12 Jezus kwam zes dagen vóór het Paasfeest naar Betanië, waar Lazarus woonde. Lazarus was de man die gestorven was en door Jezus weer levend gemaakt was. Ze maakten een maaltijd voor Hem klaar. Marta bediende Hem. Lazarus zat samen met nog andere mensen met Hem aan tafel. Maria nam een pond dure parfum, echte nardus-olie,[a] en zalfde daarmee Jezus' voeten. Daarna droogde ze zijn voeten af met haar haren. De heerlijke geur van de parfum was door het hele huis te ruiken. Maar één van de leerlingen werd boos. Dat was Judas Iskariot, die Hem later zou verraden. Hij zei: "Waarom is deze dure parfum niet voor 300 zilverstukken verkocht? Dan hadden we dat geld aan de arme mensen kunnen geven!" Hij zei dat niet omdat hij zo graag de arme mensen wilde helpen, maar omdat hij een dief was. Hij bewaarde het geld dat ze van de mensen kregen, maar nam daarvan voor zichzelf. Jezus zei: "Laat haar met rust. Ze doet dit alvast voor mijn begrafenis. Want arme mensen zullen er altijd wel bij jullie zijn, maar Ik zal niet altijd bij jullie zijn."

Heel veel Joden kwamen te weten waar Jezus was en gingen naar Hem toe. Maar niet alleen om Jezus te horen. Ze wilden ook graag Lazarus zien die door Jezus weer levend was gemaakt. 10 De leiders van de priesters waren daarom van plan om ook Lazarus te doden. 11 Want veel Joden die Lazarus zagen, geloofden in Jezus.

Jezus reist naar Jeruzalem

12 De volgende dag hoorden de mensen die voor het Paasfeest waren gekomen, dat Jezus naar Jeruzalem kwam. 13 Ze trokken takken van de palmbomen, gingen Hem tegemoet en riepen: "Hosanna! (= 'Red toch!') Gods zegen op de Man die door de Heer is gestuurd!" En: "Leve de Koning van Israël!"[b] 14 Jezus liet een jonge ezel halen en ging er op zitten. 15 Dit staat ook in de Boeken: 'Wees niet bang, Jeruzalem, want je koning komt op een jonge ezel.' 16 Eerst begrepen de leerlingen dat niet. Maar toen Jezus uit de dood was opgestaan, herinnerden ze zich dat die woorden over Jezus gingen en dat het ook zo was gebeurd.

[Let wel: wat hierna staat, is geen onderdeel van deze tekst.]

-- ===== src/Gold/AsOf.antt =====
-- The walk of the overlay against the position that each date has by itself.
use portfolio_dashboard.Prelude.{
  ◌≡◌, ◌≤◌, false, Option, none, some, List, [], ◌∷◌, if◌then◌else◌, leb, ltb, ℕ, ◌&&◌, nat_eq,
  arith, refl, ap, ap₂, ◌∙◌, Bool-cases, inl, inr,
}
use portfolio_dashboard.Prelude.Assoc.{Assoc, insert}
use portfolio_dashboard.Clock.{Time, utc_date, day_number}
use portfolio_dashboard.Double.{Double, nought, is_nonzero}
use portfolio_dashboard.Gold.{
  GoldTransaction, GoldPrice, GoldHistoryPoint, GoldPosition, is_by, buy_gold, advance_txns,
  advance_prices, gold_point, record_point, gold_walk, no_gold, gold_overlay,
}

-- In ascending order of the day, as the database lists purchases and prices, and no earlier than a given one.
abbrev pub IsAscending {ℓ} : {A : Type ℓ} → (A → Time) → Time → List A → Type 0
IsAscending date from [] = Unit
IsAscending date from (x ∷ xs) =
    (from ≤ utc_date (date x)) × IsAscending date (utc_date (date x)) xs

module _ {F : Type 0} ⦃d : Double F⦄ where
  open d use {literal, add, sub, mul, div, eq}

  abbrev no_holding : GoldPosition F
  no_holding = record { invested = nought; grams = nought }

  -- What was paid for the purchases of the day and before it, and their weight.
  unfoldable pub position_by : Time → List (GoldTransaction F) → GoldPosition F → GoldPosition F
  position_by day [] p = p
  position_by day (t ∷ ts) p = position_by day ts (
      if ltb day (utc_date t.date)
      then p
      else record { invested = add p.invested t.actual_paid; grams = add p.grams t.grams_bought })

  -- The last price of the day or before it.
  unfoldable pub price_by : Time → List (GoldPrice F) → Option F → Option F
  price_by day [] price = price
  price_by day (q ∷ qs) price =
      price_by day qs (if ltb day (utc_date q.date) then price else some q.price_per_gram)

  -- What the gold is worth, if there is gold and a price for it.
  unfoldable pub worth : GoldPosition F → Option F → Option F
  worth p none = none
  worth p (some price) =
      if eq p.grams nought && eq p.invested nought then none else some (mul p.grams price)

  -- The change in percent, if there is something to compare with.
  unfoldable pub percent_from : Option F → F → Option F
  percent_from none new = none
  percent_from (some old) new =
      if is_nonzero old then some (mul (div (sub new old) old) (literal 100 0)) else none

  -- The point of a day, beside the last value before it.
  unfoldable pub valued_point : GoldPosition F → Option F → F → GoldHistoryPoint F
  unfolding percent_from
  valued_point p before value = record {
    invested = p.invested;
    current = value;
    volatility_pct = elim (percent_from before value) [ none ↦ nought | some change ↦ change ];
    pnl_pct = percent_from (some p.invested) value;
  }

  -- The last value and the points after a day that may have a value.
  unfoldable pub after_day :
      Time
      → GoldPosition F
      → Option F
      → Option F × Assoc ℕ (GoldHistoryPoint F)
      → Option F × Assoc ℕ (GoldHistoryPoint F)
  unfolding valued_point insert
  after_day day p none acc = acc
  after_day day p (some value) (before, points) =
      (some value, insert (day_number day) (valued_point p before value) points)

  -- The overlay with each date's position and price taken from the whole lists.
  unfoldable pub reference_walk :
      List Time
      → List (GoldTransaction F)
      → List (GoldPrice F)
      → Option F × Assoc ℕ (GoldHistoryPoint F)
      → Option F × Assoc ℕ (GoldHistoryPoint F)
  unfolding position_by price_by worth after_day
  reference_walk [] txns prices acc = acc
  reference_walk (date ∷ dates) txns prices acc =
      let day = utc_date date in
      let p = position_by day txns no_holding in
      reference_walk dates txns prices (after_day day p (worth p (price_by day prices none)) acc)

  record_point-eq-after_day :
      (day : Time) (p : GoldPosition F) (price : Option F)
      (acc : Option F × Assoc ℕ (GoldHistoryPoint F))
      → record_point day (gold_point p price acc.0) acc ≡ after_day day p (worth p price) acc
  unfolding gold_point worth after_day valued_point percent_from
  record_point-eq-after_day day p none acc = refl
  record_point-eq-after_day day p (some price) (none, points) = ground arith
  record_point-eq-after_day day p (some price) (some old, points) = ground arith

  -- A list that starts after the day adds nothing.
  position_by-late :
      (day from : Time) (ts : List (GoldTransaction F)) (p : GoldPosition F)
      → IsAscending (λ t. t.date) from ts
      → leb from day ≡ false
      → position_by day ts p ≡ p
  unfolding position_by
  position_by-late day from [] p h late = refl
  position_by-late day from (t ∷ ts) p h late =
      ground (arith, position_by-late day (utc_date t.date) ts p h.1)

  advance_txns-position_by :
      (day from : Time) (ts : List (GoldTransaction F)) (p : GoldPosition F)
      → IsAscending (λ t. t.date) from ts
      → (advance_txns day ts p).0 ≡ position_by day ts p
  unfolding advance_txns position_by buy_gold
  advance_txns-position_by day from [] p h = refl
  advance_txns-position_by day from (t ∷ ts) p h = ground (
    arith,
    advance_txns-position_by day (utc_date t.date) ts (buy_gold t p) h.1,
    position_by-late day (utc_date t.date) ts p h.1,
  )

  -- What is left after a day gives, on a later one, what the whole list gives.
  advance_txns-later :
      (day later from : Time) (ts : List (GoldTransaction F)) (p : GoldPosition F)
      → day ≤ later
      → IsAscending (λ t. t.date) from ts
      → position_by later (advance_txns day ts p).1 (advance_txns day ts p).0
        ≡ position_by later ts p
  unfolding advance_txns position_by buy_gold
  advance_txns-later day later from [] p le h = refl
  advance_txns-later day later from (t ∷ ts) p le h =
      ground (arith, advance_txns-later day later (utc_date t.date) ts (buy_gold t p) le h.1)

  advance_txns-IsAscending :
      (day from : Time) (ts : List (GoldTransaction F)) (p : GoldPosition F)
      → IsAscending (λ t. t.date) from ts
      → (start : Time) × IsAscending (λ t. t.date) start (advance_txns day ts p).1
  unfolding advance_txns
  advance_txns-IsAscending day from [] p h = (from, tt)
  advance_txns-IsAscending day from (t ∷ ts) p h =
      let (start, rest) = advance_txns-IsAscending day (utc_date t.date) ts (buy_gold t p) h.1 in
      elim (Bool-cases (is_by day t.date)) [
        | inl by_then ↦ (start, rw by_then rest)
        | inr late ↦ (from, rw late h)
      ]

  price_by-late :
      (day from : Time) (qs : List (GoldPrice F)) (price : Option F)
      → IsAscending (λ q. q.date) from qs
      → leb from day ≡ false
      → price_by day qs price ≡ price
  unfolding price_by
  price_by-late day from [] price h late = refl
  price_by-late day from (q ∷ qs) price h late =
      ground (arith, price_by-late day (utc_date q.date) qs price h.1)

  advance_prices-price_by :
      (day from : Time) (qs : List (GoldPrice F)) (price : Option F)
      → IsAscending (λ q. q.date) from qs
      → (advance_prices day qs price).0 ≡ price_by day qs price
  unfolding advance_prices price_by
  advance_prices-price_by day from [] price h = refl
  advance_prices-price_by day from (q ∷ qs) price h = ground (
    arith,
    advance_prices-price_by day (utc_date q.date) qs (some q.price_per_gram) h.1,
    price_by-late day (utc_date q.date) qs price h.1,
  )

  advance_prices-later :
      (day later from : Time) (qs : List (GoldPrice F)) (price : Option F)
      → day ≤ later
      → IsAscending (λ q. q.date) from qs
      → price_by later (advance_prices day qs price).1 (advance_prices day qs price).0
        ≡ price_by later qs price
  unfolding advance_prices price_by
  advance_prices-later day later from [] price le h = refl
  advance_prices-later day later from (q ∷ qs) price le h =
      ground
        (arith, advance_prices-later day later (utc_date q.date) qs (some q.price_per_gram) le h.1)

  advance_prices-IsAscending :
      (day from : Time) (qs : List (GoldPrice F)) (price : Option F)
      → IsAscending (λ q. q.date) from qs
      → (start : Time) × IsAscending (λ q. q.date) start (advance_prices day qs price).1
  unfolding advance_prices
  advance_prices-IsAscending day from [] price h = (from, tt)
  advance_prices-IsAscending day from (q ∷ qs) price h =
      let (start, rest) =
        advance_prices-IsAscending day (utc_date q.date) qs (some q.price_per_gram) h.1 in
      elim (Bool-cases (is_by day q.date)) [
        | inl by_then ↦ (start, rw by_then rest)
        | inr late ↦ (from, rw late h)
      ]

  gold_walk-reference_walk :
      (dates : List Time) (all_txns txns : List (GoldTransaction F))
      (all_prices prices : List (GoldPrice F)) (p : GoldPosition F) (price : Option F)
      (acc : Option F × Assoc ℕ (GoldHistoryPoint F)) (from bought priced : Time)
      → IsAscending (λ t. t) from dates
      → IsAscending (λ t. t.date) bought txns
      → IsAscending (λ q. q.date) priced prices
      → ((day : Time) → from ≤ day → position_by day txns p ≡ position_by day all_txns no_holding)
      → ((day : Time) → from ≤ day → price_by day prices price ≡ price_by day all_prices none)
      → gold_walk dates txns prices p price acc ≡ reference_walk dates all_txns all_prices acc
  unfolding gold_walk reference_walk
  gold_walk-reference_walk [] all_txns txns all_prices prices p price acc from bought priced h g k
        eqs eqs' =
      refl
  gold_walk-reference_walk (date ∷ dates) all_txns txns all_prices prices p price acc from bought
        priced h g k eqs eqs' =
      let day = utc_date date in
      let (bought', g') = advance_txns-IsAscending day bought txns p g in
      let (priced', k') = advance_prices-IsAscending day priced prices price k in
      gold_walk-reference_walk dates all_txns (advance_txns day txns p).1 all_prices
        (advance_prices day prices price).1 (advance_txns day txns p).0
        (advance_prices day prices price).0
        (record_point day
          (gold_point (advance_txns day txns p).0 (advance_prices day prices price).0 acc.0) acc)
        day bought' priced' h.1 g' k'
        (λ later le.
          advance_txns-later day later bought txns p le g ∙ eqs later (omega (arith, h.0, le)))
        (λ later le.
          advance_prices-later day later priced prices price le k
          ∙ eqs' later (omega (arith, h.0, le)))
      ∙ ap₂
          (λ x y.
            reference_walk dates all_txns all_prices (record_point day (gold_point x y acc.0) acc))
          (advance_txns-position_by day bought txns p g ∙ eqs day h.0)
          (advance_prices-price_by day priced prices price k ∙ eqs' day h.0)
      ∙ ap (reference_walk dates all_txns all_prices) (
          record_point-eq-after_day day (position_by day all_txns no_holding)
            (price_by day all_prices none) acc)

  -- If the purchases, the prices and the dates come in ascending order, the overlay's one walk gives each
  -- date the point of all the purchases and the last price by the end of that day, taken from the whole
  -- lists, with the change from the date before that has a point.
  pub gold_overlay-reference_walk :
      (txns : List (GoldTransaction F)) (prices : List (GoldPrice F)) (dates : List Time)
      → IsAscending (λ t. t.date) 0 txns
      → IsAscending (λ q. q.date) 0 prices
      → IsAscending (λ t. t) 0 dates
      → gold_overlay txns prices dates ≡ (reference_walk dates txns prices (none, [])).1
  unfolding gold_overlay
  gold_overlay-reference_walk txns prices dates g k h =
      ap (λ acc. acc.1)
        (gold_walk-reference_walk dates txns txns prices prices no_gold none (none, []) 0 0 0 h g k
          (λ day le. refl) (λ day le. refl))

17 Iedereen die gezien had hoe Jezus Lazarus uit het graf riep, vertelde daarover. 18 Toen de mensen hoorden dat Jezus zoiets bijzonders had gedaan, gingen ze Hem in grote drommen tegemoet. 19 De Farizeeërs zeiden tegen elkaar: "Zie je dat ze helemaal niet naar ons luisteren? Kijk, de hele wereld loopt achter Hem aan!"

Jezus de graankorrel

20 Er waren ook een paar Grieken op weg naar het feest, om God te aanbidden. 21 Ze gingen naar Filippus die uit Betsaïda in Galilea kwam. Ze vroegen hem: "Heer, we zouden Jezus graag willen spreken."[c] 22 Filippus ging het tegen Andreas zeggen. Daarna gingen Andreas en Filippus het samen tegen Jezus zeggen. 23 Maar Jezus zei: "Binnenkort zal te zien zijn hoe machtig de Mensenzoon is. 24 Luister goed! Ik zeg jullie: als een graankorrel niet in de aarde valt en sterft, blijft hij gewoon één enkele graankorrel. Maar als de korrel in de aarde sterft, levert dat een grote oogst op. 25 Iemand die aan zijn leven vasthoudt, raakt het kwijt. Maar als hij niet geeft om zijn leven in deze wereld, zal hij het eeuwige leven krijgen. 26 Als iemand Mij wil dienen, moet hij Mij volgen. En waar Ik ben, zal ook hij zijn als mijn dienaar. Als iemand Mij dient, zal de Vader hem prijzen."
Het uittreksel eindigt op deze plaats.